This may seem cynical, but never do more than you are told to do.
There are two reasons to color inside the lines. First, you expose yourself to risk. When management asks for a feature, you estimate conservatively, keep a log, and blame them when anything goes wrong. When you build in unrequested functionality it’s your neck when something breaks. Or when someone else’s code breaks and they blame it on your maverick code to save face. Unrequested code is presumed guilty even after proven innocent because blame cannot flow anywhere but the author. It’s a safe play for anyone above you in the management chain.
Second, you create more work for others. You may volunteer your time and effort to write unrequested code but other people will have to integrate and maintain it. This is a quick way to make enemies of your coworkers. Your problems become their problems which then makes you a problem for them.
A friend of mine was a developer for a small financial services company. He worked on the back end database for processing all incoming web requests. He inherited a rather naive schema, tortured and twisted with every new feature. The smart thing to do was leave it be and keep shoehorning in functionality. The foolish thing he did was champion a complete rebuild. Being the only half-way competent developer, all the work fell on him. He also had to keep up with his normal workload. He didn’t make a single dime extra since he was paid on salary. Eventually the rebuilt database shipped. He was immediately blamed for three critical production outages over the next few months, only one of them being his fault. He burned valuable social credit with the front end developer who had to integrate changes with an already full schedule. Executives and customers will never even know the difference.

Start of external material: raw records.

module _ ⦃F : Floats⦄ {S : Type 0} (app : Application S) where
  open F use {Float}

  unfoldable pub list_demo_inputs : Service S → Answer Body × Service S
  list_demo_inputs s = (answered 200 (inputs_body (list_inputs app.entries)), s)

  unfoldable pub get_run : ℕ → Service S → Answer Body × Service S
  get_run run_id s = (answer_of 200 run_body (run_error_answer "") (get_row run_id s.runs).0, s)

  unfoldable pub get_run_result : ℕ → Service S → Answer Body × Service S
  get_run_result run_id s =
      (answer_of 200 run_body (run_error_answer "run_not_complete") (result run_id s.runs).0, s)

  unfoldable pub list_run_page : ℕ → ℕ → Service S → Answer Body × Service S
  list_run_page limit offset s = (answered 200 (runs_body (list_runs limit offset s.runs)), s)

  unfoldable pub read_approval : ℕ → Service S → Answer Body × Service S
  read_approval run_id s =
      (answer_of 200 approval_body approval_error_answer (get_approval run_id s.approvals).0, s)

  unfoldable pub get_timeline : ℕ → Service S → Answer Body × Service S
  get_timeline run_id s = (
    answer_of 200 timeline_body approval_error_answer (
        timeline s.runs run_id (map notice_columns s.notices) s.approvals
          (map simulation_columns s.simulations) (map attempt_columns s.evidence.attempts)),
    s,
  )

  unfoldable pub get_run_notice : ℕ → Service S → Answer Body × Service S
  get_run_notice run_id s = (
    elim (find_by_candidate run_id s.notices) [
      | none ↦ refused 404 "notice_not_found"
      | some notice ↦ answered 200 (notice_body notice)
    ],
    s,
  )

  -- `create_run`
  unfoldable pub post_run :
      RunCreateRequest → Option String → Fresh → Principal → Service S → Answer Body × Service S
  post_run request idempotency_key fresh principal s =
      elim (verify app.files app.entries request.input_reference request.input_sha256) [
        | err error ↦ (registry_answer error, s)
        | ok _ ↦
            let created =
              create app.fingerprint (λ runs. runs) request principal.subject idempotency_key
                fresh.id fresh.now s.runs in
            (
              answer_of 202 (λ r. run_body r.0) (run_error_answer "idempotency_conflict") created.0,
              record s { runs = created.1 },
            )
      ]

  -- The handlers around the request are those of `create_run`.
  unfoldable pub create_failure_drill :
      String
      → String
      → FailureDrill
      → Option String
      → Fresh
      → Principal
      → Service S
      → Answer Body × Service S
  create_failure_drill input_reference input_sha256 drill =
      post_run (drill_request input_reference input_sha256 drill)

  unfoldable pub post_approval :
      ℕ → ApprovalCreateRequest → Fresh → Principal → Service S → Answer Body × Service S
  post_approval run_id request fresh principal s =
      let created =
        create_approval (λ approvals. approvals) s.runs run_id request principal.subject fresh.id
          fresh.now s.approvals in
      (
        answer_of 201 approval_body approval_error_answer created.0,
        record s { approvals = created.1 },
      )

  unfoldable pub simulate_notice :
      NoticeCreateRequest → Option String → Fresh → Principal → Service S → Answer Body × Service S
  simulate_notice request idempotency_key fresh principal s =
      let call : NoticeCall = record {
        created_by = principal.subject;
        idempotency_key = idempotency_key;
        new_run_id = fresh.id;
        run_created_at = fresh.now;
        new_notice_id = fresh.second_id;
        notice_created_at = fresh.later;
      } in
      let created =
        create_simulated app.text_length app.fingerprint (λ runs. runs) (λ notices. notices) request
          call s.approvals s.runs s.notices in
      (
        answer_of 202 notice_body notice_error_answer created.0,
        record s { runs = created.1.0; notices = created.1.1 },
      )

  -- `cancel_run`
  unfoldable pub post_cancel : ℕ → Fresh → Service S → Answer Body × Service S
  post_cancel run_id fresh s =
      let cancelled = request_cancellation run_id fresh.now s.runs in
      (
        answer_of 200 run_body (run_error_answer "run_state_conflict") cancelled.0,
        record s { runs = cancelled.1 },
      )

  -- The state behind a call of the evidence repository.
  unfoldable pub with_evidence :
      Service S → Result DispatchError DispatchAttempt × (EvidenceLog × S) → Answer Body × Service S
  with_evidence s (outcome, (evidence, site)) =
      (dispatch_answer outcome, record s { evidence = evidence; site = site })

  unfoldable pub create_dispatch_simulation :
      ℕ
      → DispatchCreateRequest
      → Option String
      → Fresh
      → Principal
      → Service S
      → Answer Body × Service S
  create_dispatch_simulation run_id request control_key fresh principal s =
      elim (key_accepted app.texts.is_ascii control_key app.control_api_key) [
        | none ↦ (unhandled, s)
        | some accepted ↦
            let sub = submission_of request.command_id request.issued_at principal fresh in
            with_evidence s (
              dispatch_interval app.py (load_input app) app.is_sha256 app.control_gateway s.runs
                s.approvals sub (or_default request.expires_at (sub.issued_at + 20_000_000)) run_id
                request.interval_index
                (record { accepted = accepted; configured = is_configured app.control_api_key })
                (s.evidence, s.site))
      ]

  unfoldable pub activate_emergency_safe_state :
      String → Option String → Fresh → Principal → Service S → Answer Body × Service S
  activate_emergency_safe_state reason emergency_key fresh principal s =
      elim (key_accepted app.texts.is_ascii emergency_key app.emergency_api_key) [
        | none ↦ (unhandled, s)
        | some accepted ↦ with_evidence s (
            activate_safe_state app.control_gateway (submission_of none none principal fresh) reason
              (record { accepted = accepted; configured = is_configured app.emergency_api_key })
              (s.evidence, s.site))
      ]

  unfoldable pub create_control_simulation :
      ℕ → ℕ → Option String → Fresh → Principal → Service S → Answer Body × Service S
  create_control_simulation run_id interval_index control_key fresh principal s =
      elim (key_accepted app.texts.is_ascii control_key app.control_api_key) [
        | none ↦ (unhandled, s)
        | some _ ↦ elim (authenticate_control_key control_key app.control_api_key) [
          | err _ ↦ (control_key_answer app.control_api_key, s)
          | ok _ ↦
              let call : SimulationCall = record {
                interval_index = interval_index;
                requested_by = principal.subject;
                new_id = fresh.id;
                now = fresh.now;
              } in
              let created =
                create_simulation app.py (load_input app) (λ rows. rows) s.runs s.approvals run_id
                  call s.simulations in
              (
                answer_of 201 simulation_body simulation_error_answer created.0,
                record s { simulations = created.1 },
              )
        ]
      ]

-- The requests, with the parameters that FastAPI has validated.
pub data ApiRequest : Type 0 where
  list_inputs_request : ApiRequest
  run_request : RunCreateRequest → Option String → ApiRequest
  drill_run_request : String → String → FailureDrill → Option String → ApiRequest
  read_run_request read_result_request read_approval_request : ℕ → ApiRequest
  timeline_request run_notice_request : ℕ → ApiRequest
  run_page_request : ℕ → ℕ → ApiRequest
  approval_request : ℕ → ApprovalCreateRequest → ApiRequest
  notice_request : NoticeCreateRequest → Option String → ApiRequest
  dispatch_request : ℕ → DispatchCreateRequest → Option String → ApiRequest
  safe_state_request : String → Option String → ApiRequest
  simulation_request : ℕ → ℕ → Option String → ApiRequest
  cancel_request : ℕ → ApiRequest
  notice_page_request event_page_request : ℕ → ℕ → ApiRequest
  read_notice_request : ℕ → ApiRequest
  attempt_page_request : ℕ → Option String → ℕ → ℕ → ApiRequest
  run_simulations_request : ℕ → Option String → ApiRequest
  status_request : Option String → ApiRequest

module _ ⦃F : Floats⦄ {S : Type 0} (app : Application S) where
  -- The route of each request, with its dependency.
  unfoldable pub serve : Headers → ApiRequest → Fresh → Service S → Answer Body × Service S
  serve h list_inputs_request fresh = with_principal app h (λ _. list_demo_inputs app)
  serve h (run_request request key) fresh =
      with_roles app h (operator ∷ admin ∷ []) (post_run app request key fresh)
  serve h (drill_run_request reference sha256 drill key) fresh =
      with_roles app h (operator ∷ admin ∷ [])
        (create_failure_drill app reference sha256 drill key fresh)
  serve h (read_run_request run_id) fresh = with_principal app h (λ _. get_run app run_id)
  serve h (read_result_request run_id) fresh = with_principal app h (λ _. get_run_result app run_id)
  serve h (read_approval_request run_id) fresh =
      with_principal app h (λ _. read_approval app run_id)
  serve h (timeline_request run_id) fresh = with_principal app h (λ _. get_timeline app run_id)
  serve h (run_notice_request run_id) fresh = with_principal app h (λ _. get_run_notice app run_id)
  serve h (run_page_request limit offset) fresh =
      with_principal app h (λ _. list_run_page app limit offset)
  serve h (approval_request run_id request) fresh =
      with_roles app h (approver ∷ admin ∷ []) (post_approval app run_id request fresh)
  serve h (notice_request request key) fresh =
      with_roles app h (operator ∷ admin ∷ []) (simulate_notice app request key fresh)
  serve h (dispatch_request run_id request key) fresh =
      with_roles app h (operator ∷ admin ∷ [])
        (create_dispatch_simulation app run_id request key fresh)
  serve h (safe_state_request reason key) fresh =
      with_roles app h (admin ∷ []) (activate_emergency_safe_state app reason key fresh)
  serve h (simulation_request run_id interval_index key) fresh =
      with_roles app h (operator ∷ admin ∷ [])
        (create_control_simulation app run_id interval_index key fresh)
  serve h (cancel_request run_id) fresh =
      with_roles app h (operator ∷ admin ∷ []) (λ _. post_cancel app run_id fresh)
  serve h (notice_page_request limit offset) fresh =
      with_principal app h (λ _. list_notices app limit offset)
  serve h (event_page_request limit offset) fresh =
      with_principal app h (λ _. list_security_events app limit offset)
  serve h (read_notice_request notice_id) fresh =
      with_principal app h (λ _. get_notice app notice_id)
  serve h (attempt_page_request run_id key limit offset) fresh =
      with_principal app h (λ _. list_dispatch_simulations app run_id key limit offset)
  serve h (run_simulations_request run_id key) fresh =
      with_principal app h (λ _. list_control_simulations app run_id key)
  serve h (status_request key) fresh = with_principal app h (λ _. read_controller_status app key)

  -- One request after the other.
  unfoldable pub serve_all : List (Headers × ApiRequest × Fresh) → Service S → Service S
  serve_all [] s = s
  serve_all ((h, request, fresh) ∷ rest) s = serve_all rest (serve h request fresh s).1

There are exceptions to this rule. Automating existing tasks can pay off big time. Start with a small shell script. Stop when it outgrows the capabilities of bash. A few minutes per day over the course of two weeks resulted in a script that saved my employer two hours of labor per day and eliminated manual errors. If it doesn’t make your job easier leave well enough alone.
An obvious exception is if you’re the guy in charge. Then your job is to implement things as you see fit. Blame for problems falls squarely on your shoulders anyway, as it should. Keep in mind the limits of your authority and discretion.
Another exception is “20% time”. Always work on work projects during this time. Never give them the rights to your personal clever idea or project in exchange for salary you would have gotten anyway. Writing a cool new feature won’t earn you a raise. Refactoring library code won’t get you in too much trouble, if you’re lucky. Career advancement comes through social bullshit and demonstrated skills. Save that inspiration for your Github account where people can do more than just take your word for it. Build your bullshitting skills by selling the normal work you’ve been doing as a new and creative idea when the time comes to show off your 20% efforts.
Taking initiative worked out a few times for me. I got burned more often. Even when it worked out blame flew my way easily. None of the projects benefited my career or earned me any interview points. Nobody cared. They can’t even be maintenanced by remaining staff after I have left. Save your energy, save your ass, save your ideas; don’t do more than requested.